How to complete this task:
Starting at the line that contains "done : A → Step A", transcribe every remaining line of the entries exactly, including the last one.

Dataset entries
+++
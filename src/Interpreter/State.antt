-- ===== src/Interpreter/State.antt =====
-- The state of one execution and the signals of its nodes: src/runtime/Interpreter.hpp,
-- src/runtime/ControlFlow.hpp, the frames of src/runtime/Context.hpp, and the task interface of
-- src/tasks/Task.hpp.
use sapo_engine.Prelude.{ℕ, String, Bool, Option, List}
use sapo_engine.Prelude.Map.{Assoc}
use sapo_engine.Prelude.Int.{ℤ}
use sapo_engine.Json.{Json}
use sapo_engine.Workflow.{Node, TaskType}

-- A text that the source puts together from values is kept as those values.
pub data Message : Type 0 where
  text : String → Message
  unknown_node : String → Message
  budget_exceeded : ℕ → Message
  not_inside_loop : String → Message
  no_task : TaskType → Message
  failed_unexpectedly : String → String → Message
  terminated_with : String → Message
  loop_capped : String → ℕ → Message
  iteration_skipped : String → ℕ → String → Message → Message

pub record CapturedError : Type 0 where
  pub code : String
  pub message : Message
  pub node : String
  pub data_ : Json

pub record SuspendRequest : Type 0 where
  pub node_id : String
  pub reason : String
  pub prompt : Json
  pub input_variable : String
  pub resume_at_ms : Option ℤ
  pub timeout_ms : Option ℤ
  pub resume_node : String
  pub event_name : Option String
  -- `data.value("await_condition", "")`
  pub await_condition : String
  pub data_ : Json

pub record Terminate : Type 0 where
  pub status : String
  pub payload : Json
  pub error_code : Option String
  pub message : Option String

pub data ControlSignal : Type 0 where
  continue : ControlSignal
  jump_to : String → ControlSignal
  suspend : SuspendRequest → ControlSignal
  terminate : Terminate → ControlSignal
  loop_break : Option String → ControlSignal
  loop_continue : Option String → ControlSignal

-- The values that the interpreter writes among a node's locals.
pub data Local : Type 0 where
  item : Json → Local
  number : ℕ → Local
  error_object : CapturedError → Local

pub data FrameKind : Type 0 where
  loop try branch body : FrameKind

pub data LoopMode : Type 0 where
  no_mode collection while : LoopMode

pub data Phase : Type 0 where
  in_body in_catch in_finally : Phase

-- The members of `FrameState::state` that a loop frame has; other frames have the defaults that
-- the source reads for absent members.
pub record LoopState : Type 0 where
  pub mode : LoopMode
  pub items : List Json
  pub index : ℕ
  pub total : ℕ
  pub max_iterations : ℕ
  pub iterator : String
  pub index_variable : String
  pub on_item_error : String
  pub loop_id : String

-- Those of a try frame.
pub record TryState : Type 0 where
  pub phase : Phase
  pub catch_ids : List String
  pub finally_ids : List String
  pub error_variable : String
  pub catch_when : Assoc String
  pub propagate : Option CapturedError

pub record Frame : Type 0 where
  pub kind : FrameKind
  pub node_id : String
  pub position : ℕ
  pub resume_target : String
  pub ids : List String
  pub loop_state : LoopState
  pub try_state : TryState

pub data RunStatus : Type 0 where
  running completed failed terminated awaiting_input suspended : RunStatus

-- The frame stack has its innermost frame, `frames.back()`, at the head. `context` is the content
-- of the runtime context and of all that the tasks reach; `saved_frames` is the copy of the stack
-- that the context keeps. Members that stay as they are during a run are part of the tasks.
pub record RunState (C : Type 0) : Type 0 where
  pub context : C
  pub saved_frames : List Frame
  pub frames : List Frame
  pub cursor : String
  pub current_node_id : String
  pub visits : ℕ
  pub budget : ℕ
  pub visited : List String
  pub warnings : List Message
  pub locals : Assoc Local
  pub status : RunStatus
  pub terminate_status : String
  pub terminate_payload : Json
  pub suspend_request : Option SuspendRequest
  pub suspend_cursor : String
  pub error : Message
  pub error_code : String
  pub error_node : String
  pub error_data : Json
  pub finished : Bool
  pub branch_finished : Bool
  pub pending_error : Option CapturedError
  pub resume_node_id : String

-- What a call of a task gives back: a signal, a `SapoError`, or the text of another exception.
pub data Outcome (A : Type 0) : Type 0 where
  returned : A → Outcome A
  raised : CapturedError → Outcome A
  crashed : String → Outcome A

-- The tasks of a run, as the interpreter calls them: `ITask::execute` of the registered tasks,
-- the evaluations of loop and condition nodes, the parallel section, and the write of a variable
-- to the runtime context. Each may read the whole state.
pub record Tasks (C : Type 0) : Type 0 where
  pub registered : TaskType → Bool
  pub execute : Node → RunState C → C × Outcome ControlSignal
  pub loop_items : Node → RunState C → Outcome (Option (List Json))
  pub loop_guard : Node → RunState C → Outcome Bool
  pub take_branch : Node → RunState C → Outcome Bool
  pub run_parallel : Node → RunState C → RunState C × Outcome ControlSignal
  pub set_variable : String → CapturedError → C → C
  -- `retryable`'s reading of an error's data: the dump of `status`, and its number
  pub status_text : Json → String
  pub status_number : Json → ℕ

-- A step of the interpreter. `escaped` is an exception that leaves `drive`; `stuck` marks a model
-- loop that ran out of fuel.
pub data Step (A : Type 0) : Type 0 where
  done : A → Step A
  escaped : CapturedError → Step A
  crash : String → Step A
  stuck : Step A

infixl 5 ◌>>=◌
abbrev pub ◌>>=◌ : {A B : Type 0} → Step A → (A → Step B) → Step B
done a >>= f = f a
escaped e >>= f = escaped e
crash t >>= f = crash t
stuck >>= f = stuck

-- An evaluation outside of any handler: an exception travels on.
abbrev pub unguarded : {A : Type 0} → Outcome A → Step A
unguarded (returned a) = done a
unguarded (raised e) = escaped e
unguarded (crashed t) = crash t

-- The step ends in a state with a property.
abbrev pub Returns : {A : Type 0} → (A → Type 0) → Step A → Type 0
Returns P (done a) = P a
Returns P _ = ⊥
+++
Solution for this task:
  done : A → Step A
  escaped : CapturedError → Step A
  crash : String → Step A
  stuck : Step A

infixl 5 ◌>>=◌
abbrev pub ◌>>=◌ : {A B : Type 0} → Step A → (A → Step B) → Step B
done a >>= f = f a
escaped e >>= f = escaped e
crash t >>= f = crash t
stuck >>= f = stuck

-- An evaluation outside of any handler: an exception travels on.
abbrev pub unguarded : {A : Type 0} → Outcome A → Step A
unguarded (returned a) = done a
unguarded (raised e) = escaped e
unguarded (crashed t) = crash t

-- The step ends in a state with a property.
abbrev pub Returns : {A : Type 0} → (A → Type 0) → Step A → Type 0
Returns P (done a) = P a
Returns P _ = ⊥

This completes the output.